- **EXERCISE INSTRUCTIONS**
Search the material below for the word "List". Copy every line that has it.
○ ○ ○ ○
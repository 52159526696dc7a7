-- ===== src/AppState/Backlog.antt =====
-- The queue of error events: what `setError` drops, and how long the queue can grow.
use governance_iot_platform.Prelude.{
  ℕ, zero, suc, ◌+◌, ◌-◌, ◌^◌, ◌≤◌, ◌<◌, ◌==◌, leb, Bool, true, false, not, ◌&&◌, if◌then◌else◌,
  ◌≡◌, refl, ap, ◌∙◌, arith, List, [], ◌∷◌, ◌++◌, length, drop, length-append, length-drop, sym,
  ==_iff, Bool-cases, inl, inr, bit_and,
}
use governance_iot_platform.Prelude.Bits.{test_bit}
use governance_iot_platform.AppState.Codes.{DeviceState, ErrorCode, error_index, AppError}
use governance_iot_platform.AppState.{
  AppState, drop_oldest, register, settle, pop_error, transition, is_error_active, resolution,
  max_error_queue,
}
use governance_iot_platform.AppState.Activity.{
  error_index-lt, clear_bit, is_error_active_lem, settle_inactive, settle_active,
}

-- the loop of `setError` leaves the newest 31 events
drop_oldest_lem : (q : List AppError) → drop_oldest q ≡ drop (length q - 31) q
unfolding drop_oldest
drop_oldest_lem [] = refl
drop_oldest_lem (e ∷ q) = elim (Bool-cases (leb 32 (length (e ∷ q)))) [
  | inl full ↦ rw full (drop_oldest_lem q ∙ ap (λ n. drop n (e ∷ q)) (sym (enough full)))
  | inr short ↦ rw short (ap (λ n. drop n (e ∷ q)) (sym (few short)))
]
  where
    enough : leb 32 (length (e ∷ q)) ≡ true → length (e ∷ q) - 31 ≡ suc (length q - 31)
    enough h = ground arith

    few : leb 32 (length (e ∷ q)) ≡ false → length (e ∷ q) - 31 ≡ 0
    few h = ground arith

length-drop_oldest : (q : List AppError) → length (drop_oldest q) ≤ 31
length-drop_oldest q = rw drop_oldest_lem (omega (arith, length-drop (length q - 31) q))

-- How many of 1 .. n satisfy a test.
pub count : (ℕ → Bool) → ℕ → ℕ
count f zero = 0
count f (suc n) = let rest = count f n in if f (suc n) then suc rest else rest

count-le : (f : ℕ → Bool) (n : ℕ) → count f n ≤ n
unfolding count
count-le f zero = omega arith
count-le f (suc n) = ground (arith, count-le f n)

count_above :
    (f g : ℕ → Bool) (i n : ℕ)
    → ((j : ℕ) → j ≤ n → g j ≡ (f j && not (i == j)))
    → n < i
    → count g n ≡ count f n
unfolding count
count_above f g i zero h lt = refl
count_above f g i (suc n) h lt =
    ground (arith, h (suc n) (omega arith), count_above f g i n (λ j le. h j (omega arith)))

-- Clearing one set digit lowers the count by one.
count_clear :
    (f g : ℕ → Bool) (i n : ℕ)
    → ((j : ℕ) → j ≤ n → g j ≡ (f j && not (i == j)))
    → 0 < i
    → i ≤ n
    → f i ≡ true
    → count g n + 1 ≡ count f n
unfolding count
count_clear f g i zero h pos le e = absurd (omega arith)
count_clear f g i (suc n) h pos le e = elim (Bool-cases (i == suc n)) [
  | inl here ↦ ground (
    arith,
    h (suc n) (omega arith),
    count_above f g i n (λ j le'. h j (omega arith)) (ground arith),
    ap f ((==_iff i (suc n)).0 here),
  )
  | inr below ↦ ground (
    arith,
    h (suc n) (omega arith),
    count_clear f g i n (λ j le'. h j (omega arith)) pos (ground arith) e,
  )
]

-- How many error codes are active.
pub active_errors : AppState → ℕ
active_errors s = count (λ j. test_bit s.active_error_mask j) 31

-- Each active error can add one resolution to the queue, later.
abbrev pub IsBounded : AppState → Type 0
IsBounded s = length s.error_queue + active_errors s ≤ 63

-- `setError` bounds the queue whatever it was
pub register-IsBounded : (e : AppError) (s : AppState) → IsBounded (register e s)
unfolding register active_errors
register-IsBounded e s = omega (
  arith,
  length-append (drop_oldest s.error_queue) (e ∷ []),
  length-drop_oldest s.error_queue,
  count-le (λ j. test_bit (register e s).active_error_mask j) 31,
)

settle-IsBounded : (r : ErrorCode) (s : AppState) → IsBounded s → IsBounded (settle r s).0
unfolding settle active_errors
settle-IsBounded r s h = elim (Bool-cases (is_error_active r s)) [
  | inl was ↦
      rw (settle_active r s was)
        (omega (arith, length-append s.error_queue (resolution r ∷ []), fewer was))
  | inr not_active ↦ rw (settle_inactive r s not_active) h
]
  where
    fewer :
        is_error_active r s ≡ true
        → count (λ j. test_bit (bit_and s.active_error_mask (2 ^ 32 - 1 - 2 ^ error_index r)) j) 31
            + 1
          ≡ active_errors s
    fewer was =
        count_clear (λ j. test_bit s.active_error_mask j) _ (error_index r) 31
          (λ j le. clear_bit s.active_error_mask (error_index r) j (error_index-lt r) (omega arith))
          (ground (arith, is_error_active_lem r s)) (omega (arith, error_index-lt r))
          (ground (arith, is_error_active_lem r s))

-- `setError` keeps the newest 31 events, in order, and puts its own last.
pub register-queue :
    (e : AppError) (s : AppState)
    → (register e s).error_queue ≡ drop (length s.error_queue - 31) s.error_queue ++ e ∷ []
unfolding register
register-queue e s = rw drop_oldest_lem

-- The calls that change the state, in any order.
pub data Call : Type 0 where
  registers : AppError → Call
  settles : ErrorCode → Call
  pops : Call
  transitions : DeviceState → Call

unfoldable pub step : Call → AppState → AppState
step (registers e) s = register e s
step (settles c) s = (settle c s).0
step pops s = (pop_error s).0
step (transitions d) s = transition d s

unfoldable pub run : List Call → AppState → AppState
run [] s = s
run (c ∷ cs) s = run cs (step c s)

step-IsBounded : (c : Call) (s : AppState) → IsBounded s → IsBounded (step c s)
unfolding step pop_error transition active_errors
step-IsBounded (registers e) s h = register-IsBounded e s
step-IsBounded (settles r) s h = settle-IsBounded r s h
step-IsBounded pops s h = ground arith
step-IsBounded (transitions d) s h = ground arith

run-IsBounded : (cs : List Call) (s : AppState) → IsBounded s → IsBounded (run cs s)
unfolding run
run-IsBounded [] s h = h
run-IsBounded (c ∷ cs) s h = run-IsBounded cs (step c s) (step-IsBounded c s h)

-- After any calls on a state whose queue holds at most 32 events, the queue holds at most 63.
pub run-queue_bounded :
    (cs : List Call) (s : AppState) → length s.error_queue ≤ 32 → length (run cs s).error_queue ≤ 63
unfolding active_errors
run-queue_bounded cs s h =
    omega
      (arith, run-IsBounded cs s (omega (arith, count-le (λ j. test_bit s.active_error_mask j) 31)))

-- When the queue is full, resolving an active error still grows it past `MAX_ERROR_QUEUE`.
pub settle_passes_limit :
    (r : ErrorCode) (s : AppState)
    → is_error_active r s ≡ true
    → length s.error_queue ≡ max_error_queue
    → length (settle r s).0.error_queue ≡ max_error_queue + 1
settle_passes_limit r s was full =
    rw (settle_active r s was) (omega (arith, length-append s.error_queue (resolution r ∷ [])))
○ ○ ○ ○
- **RESULT OF THE EXERCISE**
  ◌≡◌, refl, ap, ◌∙◌, arith, List, [], ◌∷◌, ◌++◌, length, drop, length-append, length-drop, sym,
drop_oldest_lem : (q : List AppError) → drop_oldest q ≡ drop (length q - 31) q
length-drop_oldest : (q : List AppError) → length (drop_oldest q) ≤ 31
unfoldable pub run : List Call → AppState → AppState
run-IsBounded : (cs : List Call) (s : AppState) → IsBounded s → IsBounded (run cs s)
    (cs : List Call) (s : AppState) → length s.error_queue ≤ 32 → length (run cs s).error_queue ≤ 63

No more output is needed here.